What are health rules?

SharePoint 2010 has a new feature called the Health Analyzer and it has Health Rules. Each rule checks a particular metric within the SharePoint farm, and Central Administration provides an interface to see problems, warnings, and rule definitions. Administrators can subscribe to rules so they get alerts when the rule fails. Administrators cannot create custom rules, but developers can.

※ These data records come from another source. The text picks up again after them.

-- ===== src/Control/Handler/Disk.antt =====
-- What a command can do to the disk: nothing, or one of four operations of the service.
pub mod Commands
use hybrid_ftp_socket.Prelude.{
  ℕ, Bool, true, false, Option, none, some, ◌≡◌, sym, subst, arith, not, [], ◌∷◌, if◌then◌else◌,
}
use hybrid_ftp_socket.Prelude.Text.{strip}
use hybrid_ftp_socket.Prelude.Numerals.{Text, is_empty}
use hybrid_ftp_socket.Control.Parser.{FtpCommand}
use hybrid_ftp_socket.Control.Session.{Session, Given, Operation, retr, stor, stou, appe}
use hybrid_ftp_socket.Control.Files.{Files, Outcome, returned, refused, crashed}
use hybrid_ftp_socket.Control.Replies.{not_logged_in}
use hybrid_ftp_socket.Control.Handler.Base.{
  Handled, says, logged_in, with_argument, no_argument, on_outcome, on_outcome_or_raise,
}
use hybrid_ftp_socket.Control.Handler.Login.{user, password_for, password, quit_cmd, noop_cmd}
use hybrid_ftp_socket.Control.Handler.Directories.{
  pwd_cmd, cwd, cdup_cmd, mkd, rmd, dele, rnfr, rename_to, rnto,
}
use hybrid_ftp_socket.Control.Handler.Parameters.{
  type_cmd, mode_cmd, is_bounce, port_address, use_address, port_cmd, pasv_cmd,
}
use hybrid_ftp_socket.Control.Handler.Listings.{
  list_dir, nlst, size_cmd, mdtm_cmd, stat_cmd, hash_cmd, help_cmd,
}
use hybrid_ftp_socket.Control.Handler.Transfers.{
  begin, has_endpoint, transfer_in_progress, start_transfer, named_transfer, stou_cmd, abor_cmd,
}
use hybrid_ftp_socket.Control.Handler.{
  Verb, v_user, v_pass, v_quit, v_noop, v_type, v_mode, v_pwd, v_cwd, v_cdup, v_mkd, v_rmd, v_dele,
  v_rnfr, v_rnto, v_list, v_nlst, v_size, v_mdtm, v_stat, v_port, v_pasv, v_retr, v_stor, v_stou,
  v_appe, v_abor, v_hash, v_help, v_other, verb_of, before, dispatch, handle,
}

-- What holds of the disk, and of the disk behind every operation that changes it.
pub record IsOpen (files : Files) (P : files.Disk → Type 0) (disk : files.Disk) : Type 0 where
  pub same : P disk
  pub made : (cwd path : Text) → P (files.make_directory disk cwd path).0
  pub emptied : (cwd path : Text) → P (files.remove_directory disk cwd path).0
  pub deleted : (cwd path : Text) → P (files.delete disk cwd path).0
  pub moved : (cwd old new : Text) → P (files.rename disk cwd old new).0

module _ (files : Files) (P : files.Disk → Type 0) where
  pub logged_in-disk :
      (s : Session) (disk : files.Disk) (counter : ℕ) (rest : Handled files.Disk)
      → P disk
      → P rest.disk
      → P (logged_in files.Disk s disk counter rest).disk
  logged_in-disk s disk counter rest v k = by_login s.is_logged_in
    where
      by_login :
          (b : Bool) → P (if b then rest else says files.Disk s disk counter not_logged_in).disk
      by_login true = k
      by_login false = v

  pub with_argument-disk :
      (arg : Text) (s : Session) (disk : files.Disk) (counter : ℕ) (missing : Text)
      (rest : Handled files.Disk)
      → P disk
      → P rest.disk
      → P (with_argument files.Disk arg s disk counter missing rest).disk
  with_argument-disk [] s disk counter missing rest v k = v
  with_argument-disk (c ∷ arg) s disk counter missing rest v k = k

  pub no_argument-disk :
      (arg : Text) (s : Session) (disk : files.Disk) (counter : ℕ) (syntax : Text)
      (rest : Handled files.Disk)
      → P disk
      → P rest.disk
      → P (no_argument files.Disk arg s disk counter syntax rest).disk
  no_argument-disk [] s disk counter syntax rest v k = k
  no_argument-disk (c ∷ arg) s disk counter syntax rest v k = v

  pub on_outcome-disk {ℓ} :
      {A : Type ℓ} (s : Session) (disk : files.Disk) (counter : ℕ) (crash : Text)
      (outcome : Outcome A) (next : A → Handled files.Disk)
      → P disk
      → ((a : A) → P (next a).disk)
      → P (on_outcome files.Disk s disk counter crash outcome next).disk
  unfolding on_outcome
  on_outcome-disk s disk counter crash (returned a) next v k = k a
  on_outcome-disk s disk counter crash (refused reply_code message) next v k = v
  on_outcome-disk s disk counter crash crashed next v k = v

  pub on_outcome_or_raise-disk {ℓ} :
      {A : Type ℓ} (s : Session) (disk : files.Disk) (counter : ℕ) (outcome : Outcome A)
      (next : A → Handled files.Disk)
      → P disk
      → ((a : A) → P (next a).disk)
      → P (on_outcome_or_raise files.Disk s disk counter outcome next).disk
  unfolding on_outcome_or_raise
  on_outcome_or_raise-disk s disk counter (returned a) next v k = k a
  on_outcome_or_raise-disk s disk counter (refused reply_code message) next v k = v
  on_outcome_or_raise-disk s disk counter crashed next v k = v

  pub choice :
      (b : Bool) (first second : Handled files.Disk)
      → P first.disk
      → P second.disk
      → P (if b then first else second).disk
  choice true first second f g = f
  choice false first second f g = g

  pub choice_of {ℓ} :
      {A : Type ℓ} (o : Option A) (without : Handled files.Disk) (next : A → Handled files.Disk)
      → P without.disk
      → ((a : A) → P (next a).disk)
      → P (elim o as (λ x. Handled files.Disk) [ none ↦ without | some a ↦ next a ]).disk
  choice_of none without next f g = f
  choice_of (some a) without next f g = g a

This is what the interface looks like:

Why should architects and developers consider them?

Administrators might ask you to create rules to monitor specific things on a server.

Further to that, developers can create rules to monitor their own solutions. Certain aspects of a solution might be problematic and require attention after time – for example a growing list. A custom rule can monitor this list, and notify certain people if a threshold is being passed.

High-Level steps to create a custom Health Rule:

  1. Create a class that inherits from Microsoft.SharePoint.Administration.Health.SPHealthAnalysisRule
  2. Override the required methods in SPHealthAnalysisRule. Check() is where the action happens, but also pay attention to SPHealthAnalysisRuleAutomaticExecutionParameters
  3. Create a feature to register the rule definition with SharePoint
  4. (Optional) use a Console Application to test your rule code while developing it. This is much more convenient when you need to debug with Visual Studio 2010.

Example Solution:

I have put together a template you could reuse to build custom health rules. My example pings each database server from each WFE and fails if the ping is greater than 1ms. Download the code from the bottom of the post.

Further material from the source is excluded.